Timely and efficient communication is key. To ensure your residents remain happy, you should also consider accelerating response times and prioritizing maintenance requests. It has never been more important to go the extra mile for your residents and provide the best possible management experience!
THE NEEDS OF RESIDENTS ARE TRANSFORMING
Over the past two years, residents’ apartments have become one-stop-shops: Offices, gyms, and sleeping quarters all in one. This need for multi-purpose space has caused residents’ immediate needs to change.

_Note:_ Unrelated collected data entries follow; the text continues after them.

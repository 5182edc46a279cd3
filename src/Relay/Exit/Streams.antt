-- ===== src/Relay/Exit/Streams.antt =====
-- services/relay-node/src/circuit/exit.rs: `ExitStream`.
use nopanic.Prelude.{ℕ, List, Bool}

-- The channel to the stream's task is the list of what was sent through it, oldest first; `closed`
-- says that the task has dropped its end.
pub record ExitStream : Type 0 where
  pub destination : List ℕ
  pub closed : Bool
  pub queued : List (List ℕ)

Property management teams need to consider new ways to create space for their tenants that fit their needs.
This may mean providing access to better high-speed internet, offering reservation-based conference rooms, or establishing outdoor wellness spaces.
Ensure you remain adaptive and listen to your residents. After all, resident feedback provides great insight on how to improve experiences, which can result in increased retention and satisfaction.
ECONOMIC UNCERTAINTY REMAINS
Over the past two years, recent changes in income and employment status have brought economic uncertainty for many residents; delinquency remains top-of-mind for commercial property owners.
This considered, it’s important to prepare for the risk of increased delinquencies.
As multifamily property owners look to the future, it’s important to understand what may come. There are a few ways you can remain proactive in your approach to the coming year. It’s also extremely important to ensure you remain risk-free.